柳弃月打趣:“适才见你没有同我说,我还以为大当家打算让我饿着肚子干活。”
“岂敢,柳姑娘乃功臣,我又怎敢亏待。”
泛着柔光的玉器,凝脂般的瓷瓶,连同各式旧书等静静栖于置物架上。岁月缩影的一字一句,含蓄地铺展开来。
约莫一刻钟后,柳弃月执灯趋近。
“上头是纸质的古书名籍,中间的是玉器,下层的是瓷器。另外右边挂着的是各式书画,左侧是金属类宝物。”言罢,柳弃月稍作停顿,又道,“大当家可是打算将这些运往城中买卖?”
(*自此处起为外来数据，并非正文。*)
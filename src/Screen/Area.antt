-- ===== src/Screen/Area.antt =====
-- src/screen.c: screen_string_at, screen_rect_at, screen_get_pixmap, screen_put_pixmap and
-- flash_thread, on the surface of the framebuffer. The updates of the display are not modelled.
use kindle_launchpad.Base.{
  ℕ, zero, suc, ◌+◌, ◌-◌, ◌/◌, ℤ, pos, ◌+ℤ◌, leb_ℤ, ltb, Option, none, some, if◌then◌else◌, Bytes,
  [], ◌∷◌, ◌++◌, length, get_elem?, Outcome, ok, fault, ◌>>=◌,
}
use kindle_launchpad.Pixop.Surface.{Pixmap, pixbuf_alloc}
use kindle_launchpad.Pixop.Draw.{pix_fill, pix_blt, pixmap_xtract}
use kindle_launchpad.Screen.Font.{fnt_width, fnt_height, get_char_pixmap}

unfoldable pub screen_rect_at : Pixmap → ℤ → ℤ → ℤ → ℤ → ℕ → Outcome (Pixmap × ℕ)
unfolding pix_fill
screen_rect_at surface x0 y0 w h color = pix_fill surface x0 y0 w h color

-- The pixmap that the part is copied into, after it.
unfoldable pub screen_get_pixmap : Pixmap → ℤ → ℤ → Pixmap → Outcome (Pixmap × ℕ)
unfolding pixmap_xtract
screen_get_pixmap surface x0 y0 dst = pixmap_xtract dst x0 y0 surface

unfoldable pub screen_put_pixmap : Pixmap → ℤ → ℤ → Pixmap → Outcome (Pixmap × ℕ)
unfolding pix_blt
screen_put_pixmap surface x0 y0 src = pix_blt surface x0 y0 src

-- `*p`, with the terminator behind the string; behind that it is out of the string.
abbrev char_or_fault : Option ℕ → Outcome ℕ
char_or_fault none = fault
char_or_fault (some c) = ok c

abbrev pub char_at : Bytes → ℕ → Outcome ℕ
char_at s p = char_or_fault (get_elem? (s ++ 0 ∷ []) p)

module _ (font : Bytes) where
  -- `do { pix_blt(…) ; ++p ; x += … ; get_char_pixmap(*p, …) ; } while (--n > 0) ;` with the rounds
  -- behind this one, and the character that is drawn in it.
  unfoldable pub draw_chars : Bytes → ℤ → ℕ → ℕ → ℤ → ℕ → Pixmap → Outcome Pixmap
  unfolding pix_blt get_char_pixmap ◌+ℤ◌
  draw_chars s y0 zero p x c surface = do
    (next, drawn) ← pix_blt surface x y0 (get_char_pixmap font c)
    d ← char_at s (p + 1)
    ok next
  draw_chars s y0 (suc n) p x c surface = do
    (next, drawn) ← pix_blt surface x y0 (get_char_pixmap font c)
    d ← char_at s (p + 1)
    draw_chars s y0 n (p + 1) (x +ℤ pos fnt_width) d next

  -- The surface after, and the number of characters that is returned. `x0` is not negative.
  unfoldable pub screen_string_at : Pixmap → ℕ → ℤ → Bytes → Outcome (Pixmap × ℕ)
  unfolding draw_chars ◌+ℤ◌
  screen_string_at surface x0 y0 s = do
    c ← char_at s 0
    let fits = (surface.width - x0) / (fnt_width - 2)
    let n = if ltb (length s) fits then length s else fits
    let drawn = (draw_chars s y0 (n - 1) 0 (pos x0) c surface >>= λ next. ok (next, n))
    let in_width =
        if leb_ℤ (pos (x0 + fnt_width)) (pos surface.width) then drawn else ok (surface, 0)
    if leb_ℤ (y0 +ℤ pos fnt_height) (pos surface.height) then in_width else ok (surface, 0)

-- The loop of flash_thread: what was there is put back in every round.
unfoldable pub flash_rounds : ℕ → ℤ → ℤ → Pixmap → Pixmap → Outcome Pixmap
unfolding pix_blt
flash_rounds zero x0 y0 psave surface = ok surface
flash_rounds (suc count) x0 y0 psave surface =
    pix_blt surface x0 y0 psave >>= λ r. flash_rounds count x0 y0 psave r.0

unfoldable pub flash_thread : Pixmap → ℕ → ℤ → ℤ → ℕ → ℕ → Outcome Pixmap
unfolding flash_rounds pixmap_xtract pixbuf_alloc
flash_thread surface count x0 y0 w h =
    pixmap_xtract (pixbuf_alloc w h) x0 y0 surface >>= λ r. flash_rounds count x0 y0 r.0 surface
“正是,不过你还得说得明细些,最好说清每件的估价,才好叫我不被人诓骗了去。”烛火明灭,看不清章宥修脸上的笑意,柳弃月思索一瞬,“那请大当家宽限我些时日,我将细处一一写下整理成册,到时一同带去。”
“何必如此麻烦,柳姑娘随我一道,替我掌掌眼便是,离了你,我怕是要将这些,几近白送卖给人家。”
听了此话,柳弃月不禁失笑:“您走南闯北多年,什么样的世面未曾见过,真论起来眼力,怕是我要逊色不少。”
明知她是打趣,柳弃月却见他屏息凝眸,殷殷望着自己。转念便思及自己却有几月未曾出岛,心头微动,认真颔首,“大当家既已开口,那我便恭敬不如从命了。”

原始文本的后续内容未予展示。